Chronic kidney disease (CKD) represents a huge burden in patients with type 2 diabetes (T2DM). This review therefore has the aim of assessing the add-on value of new glucose-lowering agents compared or combined with inhibitors of the renin angiotensin aldosterone system (RAAS) on renal outcomes in T2DM patients.

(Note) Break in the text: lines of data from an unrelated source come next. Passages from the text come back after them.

-- ===== src/Wallet/Release.antt =====
-- core/wallet/token.go: giving tokens back, committing, transferring and removing them.
use rubixgoplatform.Prelude.{ℕ, List, [], ◌∷◌, ◌==◌, if◌then◌else◌, Bool}
use rubixgoplatform.Storage.Rows.{Table}
use rubixgoplatform.Storage.Effects.{Result, ok, err, no_records, Exec, pure, ◌>>=◌, ◌>>◌}
use rubixgoplatform.Storage.{read_all, read_one, update, delete}
use rubixgoplatform.Wallet.Token.{
  Token, key, with_status, token_is_free, token_is_locked, token_is_transferred, token_is_committed,
  token_is_pinned_as_service,
}
use rubixgoplatform.Wallet.Tokens.{has_id, owned_id, owned_by, in_status}

module _ (g : Table Token key) where
  unfoldable pub release_token : ℕ → Exec g.Db (Unit {0})
  release_token token = do
    t ← read_one g (has_id token)
    if t.token_status == token_is_locked
        then update g (has_id t.token_id) (with_status token_is_free t)
        else pure tt

  -- The body of the loop is that of `ReleaseToken`.
  unfoldable pub release_tokens : List Token → Exec g.Db (Unit {0})
  release_tokens [] = pure tt
  release_tokens (t ∷ ts) = release_token t.token_id >> release_tokens ts

  unfoldable pub remove_tokens : List Token → Exec g.Db (Unit {0})
  remove_tokens [] = pure tt
  remove_tokens (t ∷ ts) = delete g (owned_id t.did t.token_id) >> remove_tokens ts

  unfoldable pub clear_tokens : ℕ → Exec g.Db (Unit {0})
  clear_tokens did = delete g (owned_by did)

  unfoldable pub update_token : Token → Exec g.Db (Unit {0})
  update_token t = update g (has_id t.token_id) t

  unfoldable pub commit_tokens : ℕ → List ℕ → Exec g.Db (Unit {0})
  commit_tokens did [] = pure tt
  commit_tokens did (id ∷ ids) = do
    t ← read_one g (owned_id did id)
    update g (owned_id did id) (with_status token_is_committed t)
    commit_tokens did ids

  unfoldable pub transfer_loop : ℕ → ℕ → ℕ → List ℕ → Exec g.Db (Unit {0})
  transfer_loop did status tid [] = pure tt
  transfer_loop did status tid (id ∷ ids) = do
    t ← read_one g (owned_id did id)
    update g (owned_id did id) (record t { token_status = status; transaction_id = tid })
    transfer_loop did status tid ids

  -- `created` is what `CreateTokenBlock` returns, `tid` the transaction of the block. A transfer to
  -- a DID of the same node changes nothing here.
  unfoldable pub tokens_transferred :
      Result (Unit {0}) → ℕ → ℕ → List ℕ → Bool → Bool → Exec g.Db (Unit {0})
  unfolding transfer_loop
  tokens_transferred created tid did ti local pinning = if local then pure tt else (do
    (λ d. (created, d))
    transfer_loop did (if pinning then token_is_pinned_as_service else token_is_transferred) tid ti)

  -- An empty answer is no error here.
  unfoldable pub locked_or_empty : Result (List Token) → Result (List Token)
  locked_or_empty (ok l) = ok l
  locked_or_empty (err no_records) = ok []
  locked_or_empty (err e) = err e

  unfoldable pub get_all_locked_tokens : Exec g.Db (List Token)
  unfolding locked_or_empty
  get_all_locked_tokens d =
      let (r, d') = read_all g (in_status token_is_locked) d in (locked_or_empty r, d')

  unfoldable pub free_loop : List Token → Exec g.Db (Unit {0})
  free_loop [] = pure tt
  free_loop (t ∷ ts) = update g (has_id t.token_id) (with_status token_is_free t) >> free_loop ts

  unfoldable pub release_all_locked_tokens : Exec g.Db (Unit {0})
  unfolding get_all_locked_tokens free_loop
  release_all_locked_tokens = do lockeds ← get_all_locked_tokens; free_loop lockeds

  -- The status that the row had is not tested.
  unfoldable pub unlock_locked_tokens : ℕ → List ℕ → Exec g.Db (Unit {0})
  unlock_locked_tokens did [] = pure tt
  unlock_locked_tokens did (id ∷ ids) = do
    t ← read_one g (owned_id did id)
    update g (owned_id did id) (with_status token_is_free t)
    unlock_locked_tokens did ids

This article first summarizes the results reported with RAAS inhibitors, mainstay of nephroprotection in T2DM with albuminuria. Second, it describes the positive results with glucagon-like peptide-1 receptor agonists (GLP-1RAs) and, even more impressive, sodium-glucose cotransporter type 2 inhibitors (SGLT2is). Third, besides the potential of combined therapies, it briefly considers some new approaches currently in development.


RAAS inhibitors exert renoprotective effects beyond their blood pressure lowering effects while SGLT2is, and possibly GLP-1RAs, exert nephroprotection independently of their glucose-lowering activity. These effects were demonstrated not only on surrogate endpoints such as albuminuria and estimated glomerular filtration rate decline, but also on hard endpoints, including progression to end-stage renal disease requiring replacement therapy. The underlying mechanisms are different and potentially complementary on glomerular hemodynamics, arguing for combined therapies. Nevertheless, there is still room for new emerging drugs to tackle CKD in T2DM.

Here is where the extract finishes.